*** Begin section ***

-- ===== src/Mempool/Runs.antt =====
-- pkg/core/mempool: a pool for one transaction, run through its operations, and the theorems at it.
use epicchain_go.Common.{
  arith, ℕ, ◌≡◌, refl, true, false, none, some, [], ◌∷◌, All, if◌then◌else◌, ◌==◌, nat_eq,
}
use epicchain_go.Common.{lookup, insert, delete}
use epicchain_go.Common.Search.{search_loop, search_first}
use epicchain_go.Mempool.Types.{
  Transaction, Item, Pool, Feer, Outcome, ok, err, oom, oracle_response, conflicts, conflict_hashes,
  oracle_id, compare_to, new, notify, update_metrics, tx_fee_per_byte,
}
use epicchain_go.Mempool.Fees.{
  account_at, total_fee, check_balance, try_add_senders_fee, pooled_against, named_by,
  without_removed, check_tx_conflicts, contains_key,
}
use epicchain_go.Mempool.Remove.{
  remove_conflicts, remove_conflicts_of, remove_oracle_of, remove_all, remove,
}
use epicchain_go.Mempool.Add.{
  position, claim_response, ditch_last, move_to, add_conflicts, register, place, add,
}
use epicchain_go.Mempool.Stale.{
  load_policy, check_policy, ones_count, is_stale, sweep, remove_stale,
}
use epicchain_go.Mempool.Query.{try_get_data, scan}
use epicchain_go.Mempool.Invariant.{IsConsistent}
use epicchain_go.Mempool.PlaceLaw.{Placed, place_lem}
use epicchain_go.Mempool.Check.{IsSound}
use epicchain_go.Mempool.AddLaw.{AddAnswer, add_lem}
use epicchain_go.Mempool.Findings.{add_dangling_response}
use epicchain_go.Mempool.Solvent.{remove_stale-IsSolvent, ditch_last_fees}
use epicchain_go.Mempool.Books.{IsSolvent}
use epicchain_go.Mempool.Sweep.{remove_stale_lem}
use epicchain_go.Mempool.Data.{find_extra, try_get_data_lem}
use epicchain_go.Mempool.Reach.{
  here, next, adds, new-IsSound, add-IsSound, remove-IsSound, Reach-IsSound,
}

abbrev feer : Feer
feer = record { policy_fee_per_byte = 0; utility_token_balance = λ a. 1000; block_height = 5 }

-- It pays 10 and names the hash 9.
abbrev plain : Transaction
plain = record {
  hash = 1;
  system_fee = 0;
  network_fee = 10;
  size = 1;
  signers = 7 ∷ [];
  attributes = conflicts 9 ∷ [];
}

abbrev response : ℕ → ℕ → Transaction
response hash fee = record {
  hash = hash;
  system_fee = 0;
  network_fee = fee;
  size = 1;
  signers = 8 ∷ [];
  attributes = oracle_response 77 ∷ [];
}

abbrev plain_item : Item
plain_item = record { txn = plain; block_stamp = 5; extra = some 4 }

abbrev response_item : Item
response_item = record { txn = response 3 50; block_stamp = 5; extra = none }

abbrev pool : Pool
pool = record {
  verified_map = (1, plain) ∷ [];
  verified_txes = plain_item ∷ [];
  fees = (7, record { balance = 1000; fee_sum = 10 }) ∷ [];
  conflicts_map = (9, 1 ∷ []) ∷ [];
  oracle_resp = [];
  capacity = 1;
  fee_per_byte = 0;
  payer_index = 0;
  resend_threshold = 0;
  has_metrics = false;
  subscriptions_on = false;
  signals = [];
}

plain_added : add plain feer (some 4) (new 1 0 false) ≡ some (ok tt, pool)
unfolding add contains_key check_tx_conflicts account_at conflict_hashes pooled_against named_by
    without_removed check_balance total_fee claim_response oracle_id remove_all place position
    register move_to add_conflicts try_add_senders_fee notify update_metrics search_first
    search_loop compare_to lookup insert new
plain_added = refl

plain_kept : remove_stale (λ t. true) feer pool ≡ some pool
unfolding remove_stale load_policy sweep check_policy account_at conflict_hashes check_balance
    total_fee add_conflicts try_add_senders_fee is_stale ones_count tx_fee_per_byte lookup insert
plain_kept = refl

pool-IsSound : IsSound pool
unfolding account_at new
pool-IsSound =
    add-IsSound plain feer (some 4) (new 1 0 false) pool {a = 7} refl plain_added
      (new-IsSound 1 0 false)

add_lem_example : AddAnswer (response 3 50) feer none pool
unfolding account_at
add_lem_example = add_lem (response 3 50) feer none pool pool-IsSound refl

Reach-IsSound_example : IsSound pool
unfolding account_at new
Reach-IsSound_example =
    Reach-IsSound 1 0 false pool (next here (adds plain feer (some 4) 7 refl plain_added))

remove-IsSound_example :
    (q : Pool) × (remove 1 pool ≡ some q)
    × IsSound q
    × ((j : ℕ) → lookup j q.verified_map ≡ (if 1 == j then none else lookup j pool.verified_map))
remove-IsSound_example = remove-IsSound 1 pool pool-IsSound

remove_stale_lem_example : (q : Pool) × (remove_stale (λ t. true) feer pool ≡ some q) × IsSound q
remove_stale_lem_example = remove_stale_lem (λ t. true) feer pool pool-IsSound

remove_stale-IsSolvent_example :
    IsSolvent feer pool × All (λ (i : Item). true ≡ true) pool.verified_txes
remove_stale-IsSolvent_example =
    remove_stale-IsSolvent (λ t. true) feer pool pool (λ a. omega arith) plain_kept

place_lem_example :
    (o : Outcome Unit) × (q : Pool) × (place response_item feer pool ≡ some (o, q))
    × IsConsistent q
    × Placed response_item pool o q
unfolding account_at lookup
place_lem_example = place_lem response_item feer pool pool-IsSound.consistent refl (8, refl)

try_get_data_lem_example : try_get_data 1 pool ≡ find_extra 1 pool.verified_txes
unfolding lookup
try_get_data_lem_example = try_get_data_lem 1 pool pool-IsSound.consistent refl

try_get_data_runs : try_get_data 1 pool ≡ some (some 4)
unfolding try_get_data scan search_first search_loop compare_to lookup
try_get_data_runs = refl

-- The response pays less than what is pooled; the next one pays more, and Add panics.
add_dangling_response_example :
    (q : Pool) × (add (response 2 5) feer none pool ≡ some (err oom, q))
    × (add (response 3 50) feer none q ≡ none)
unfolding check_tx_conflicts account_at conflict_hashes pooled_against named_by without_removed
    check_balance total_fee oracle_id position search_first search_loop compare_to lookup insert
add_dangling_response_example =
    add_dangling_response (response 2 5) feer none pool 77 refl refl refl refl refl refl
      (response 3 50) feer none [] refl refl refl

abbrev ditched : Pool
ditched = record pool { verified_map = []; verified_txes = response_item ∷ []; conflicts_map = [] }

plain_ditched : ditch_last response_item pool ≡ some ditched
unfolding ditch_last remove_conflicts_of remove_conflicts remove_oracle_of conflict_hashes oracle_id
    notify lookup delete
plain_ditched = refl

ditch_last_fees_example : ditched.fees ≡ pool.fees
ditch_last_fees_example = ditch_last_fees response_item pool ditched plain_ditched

*** End section ***

▸ **PROMPT**
Of all the entries above, repeat only the lines from the line that has "feer = record" to the line that has "plain_added : add", both lines included, exactly.

▸ **RESPONSE TO THIS TASK**
feer = record { policy_fee_per_byte = 0; utility_token_balance = λ a. 1000; block_height = 5 }

-- It pays 10 and names the hash 9.
abbrev plain : Transaction
plain = record {
  hash = 1;
  system_fee = 0;
  network_fee = 10;
  size = 1;
  signers = 7 ∷ [];
  attributes = conflicts 9 ∷ [];
}

abbrev response : ℕ → ℕ → Transaction
response hash fee = record {
  hash = hash;
  system_fee = 0;
  network_fee = fee;
  size = 1;
  signers = 8 ∷ [];
  attributes = oracle_response 77 ∷ [];
}

abbrev plain_item : Item
plain_item = record { txn = plain; block_stamp = 5; extra = some 4 }

abbrev response_item : Item
response_item = record { txn = response 3 50; block_stamp = 5; extra = none }

abbrev pool : Pool
pool = record {
  verified_map = (1, plain) ∷ [];
  verified_txes = plain_item ∷ [];
  fees = (7, record { balance = 1000; fee_sum = 10 }) ∷ [];
  conflicts_map = (9, 1 ∷ []) ∷ [];
  oracle_resp = [];
  capacity = 1;
  fee_per_byte = 0;
  payer_index = 0;
  resend_threshold = 0;
  has_metrics = false;
  subscriptions_on = false;
  signals = [];
}

plain_added : add plain feer (some 4) (new 1 0 false) ≡ some (ok tt, pool)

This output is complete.